I have a kernel that moves data from two arrays into one new array so that I can sort it. I need to malloc this last array beforehand, so I calculate the number of elements to move over (not all the elements in the two arrays are copied, only the “good” ones). Since these two arrays describe the upper half (including the diagonal) of a Hermitian matrix, I think that the total number of elements should be the sum of 2*(number of good elements per row) - 1 (don’t count the diagonal twice). I have a kernel to figure out the number:

```
__device__ long d_num_Elem; //this is set to 0 in host code
__global__ void GetNumElem(long2* H_pos, int lattice_Size){
long row = blockDim.x*blockIdx.x + threadIdx.x;
atomicAdd(&d_num_Elem, (2*(H_pos[ idx(row, 0, 2*lattice_Size + 2) ]).y) - 1); //H_pos[row][0].y stores the number of good elements in that row
}
```

The idx(row, 0, 2*lattice_Size + 2) function maps H_pos[row][0] to its actual location in the 1D array. I copy over the value of d_num_Elem when this kernel is done running, and cudaMalloc H_sort to that size.
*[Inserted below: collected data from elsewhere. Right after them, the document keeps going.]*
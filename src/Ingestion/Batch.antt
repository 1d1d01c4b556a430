-- ===== src/Ingestion/Batch.antt =====
-- `main`, `_select_rows` and `_bounded` of backend/app/ingestion/run.py and `build_report` of
-- backend/app/ingestion/status.py. The documents are ingested in the order of the file, one after the
-- other, as with INGEST_CONCURRENCY = 1; an exception ends the run. The writing of the report is left
-- out.
pub mod Recorded
use production_rag_system.Prelude.{
  Floats, ℕ, zero, suc, ◌+◌, String, Bool, true, false, List, [], ◌∷◌, ◌++◌, map, Option, none,
  some, Dict, lookup, insert, filterb, length, str_eq, if◌then◌else◌,
}
use production_rag_system.Prelude.Text.{is_empty}
use production_rag_system.Core.Result.{Result, ok, err}
use production_rag_system.Core.Settings.{Settings}
use production_rag_system.Ingestion.Schemas.{
  DocStatus, registered, downloaded, extracted, indexed, failed, SourceRow, IngestResult, Corpus,
  IngestError,
}
use production_rag_system.Ingestion.Registry.{load_sources, upsert_documents}
use production_rag_system.Ingestion.Run.{Tools, Ingested, ingest_one}

pub record Arguments : Type 0 where
  pub doc : Option String
  pub file_type : Option String
  pub force : Bool

abbrev pub has_text : Option String → Bool
has_text none = false
has_text (some s) = if is_empty s then false else true

abbrev pub is_value : Option String → String → Bool
is_value none s = false
is_value (some t) s = str_eq s t

unfoldable pub select_rows : Arguments → List SourceRow → List SourceRow
select_rows args rows =
    if has_text args.doc
    then filterb (λ r. is_value args.doc r.doc_id) rows
    else (if has_text args.file_type
        then filterb (λ r. is_value args.file_type r.file_type) rows
        else rows)

-- The session is committed, or rolled back; what was written to disk stays.
abbrev pub settled : Corpus → Ingested → Ingested
settled st (ok result, st') = (ok result, st')
settled st (err e, st') = (err e, record st' { documents = st.documents })

abbrev pub status_text : DocStatus → String
status_text registered = "registered"
status_text downloaded = "downloaded"
status_text extracted = "extracted"
status_text indexed = "indexed"
status_text failed = "failed"

-- The report of a run.
pub record RunReport : Type 0 where
  pub total : ℕ
  pub counts_by_status : Dict ℕ
  pub scanned_count : ℕ
  pub dead_url_doc_ids : List String
  pub html_link_only_suggestions : List String
  pub results : List IngestResult

abbrev pub or_zero : Option ℕ → ℕ
or_zero none = 0
or_zero (some n) = n

abbrev pub count_statuses : Dict ℕ → List IngestResult → Dict ℕ
count_statuses counts [] = counts
count_statuses counts (r ∷ rs) =
    let key = status_text r.status in
    count_statuses (insert key (or_zero (lookup key counts) + 1) counts) rs

unfoldable pub build_report : List IngestResult → RunReport
build_report results = record {
  total = length results;
  counts_by_status = count_statuses [] results;
  scanned_count = length (filterb (λ r. r.is_scanned) results);
  dead_url_doc_ids = map (λ r. r.doc_id) (filterb (λ r. r.dead_url) results);
  html_link_only_suggestions = map (λ r. r.doc_id) (filterb (λ r. r.html_links_only_pdf) results);
  results = results;
}

abbrev pub Batch : Type 0
Batch = Result IngestError (List IngestResult) × Corpus

abbrev pub with_result : IngestResult → Batch → Batch
with_result result (err e, st) = (err e, st)
with_result result (ok results, st) = (ok (result ∷ results), st)

abbrev pub then_batch : Ingested → (Corpus → Batch) → Batch
then_batch (err e, st) rest = (err e, st)
then_batch (ok result, st) rest = with_result result (rest st)

module _ {F : Type 0} ⦃fl : Floats F⦄ (tools : Tools) (settings : Settings F)
    (args : Arguments) where
  unfoldable pub bounded : SourceRow → Corpus → Ingested
  bounded row st = settled st (ingest_one tools settings row args.force st)

  unfoldable pub ingest_rows : List SourceRow → Corpus → Batch
  ingest_rows [] st = (ok [], st)
  ingest_rows (row ∷ rows) st = then_batch (bounded row st) (ingest_rows rows)

  abbrev pub reported : List IngestResult → Batch → Result IngestError RunReport × Corpus
  unfolding build_report
  reported rejected (err e, st) = (err e, st)
  reported rejected (ok results, st) = (ok (build_report (rejected ++ results)), st)

  abbrev pub ingest_loaded :
      Result IngestError (List SourceRow × List IngestResult)
      → Corpus
      → Result IngestError RunReport × Corpus
  unfolding build_report
  ingest_loaded (err e) st = (err e, st)
  ingest_loaded (ok (all_rows, rejected)) st = reported rejected (
      ingest_rows (select_rows args all_rows)
        (record st { documents = upsert_documents all_rows st.documents }))

  unfoldable pub main :
      Option (List String) → List (Dict String) → Corpus → Result IngestError RunReport × Corpus
  unfolding build_report
  main fieldnames raw_rows st = ingest_loaded (load_sources fieldnames raw_rows) st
However, in a later function which fills up the sorting array. I need to know where to start putting in the good values for each row so I don’t overwrite things. To figure out the starting position, I use:

```
long row = blockIdx.x;
long start = 0;
for (long ii = 0; ii < row; ii++){
start += 2*(H_pos[ idx(ii, 0 , size1) ]).y - 1 ;
}
```

But I keep getting segfaults in H_sort from start being greater (232102 vs 232046) than d_num_Elem. How is that possible? Am I doing something wrong?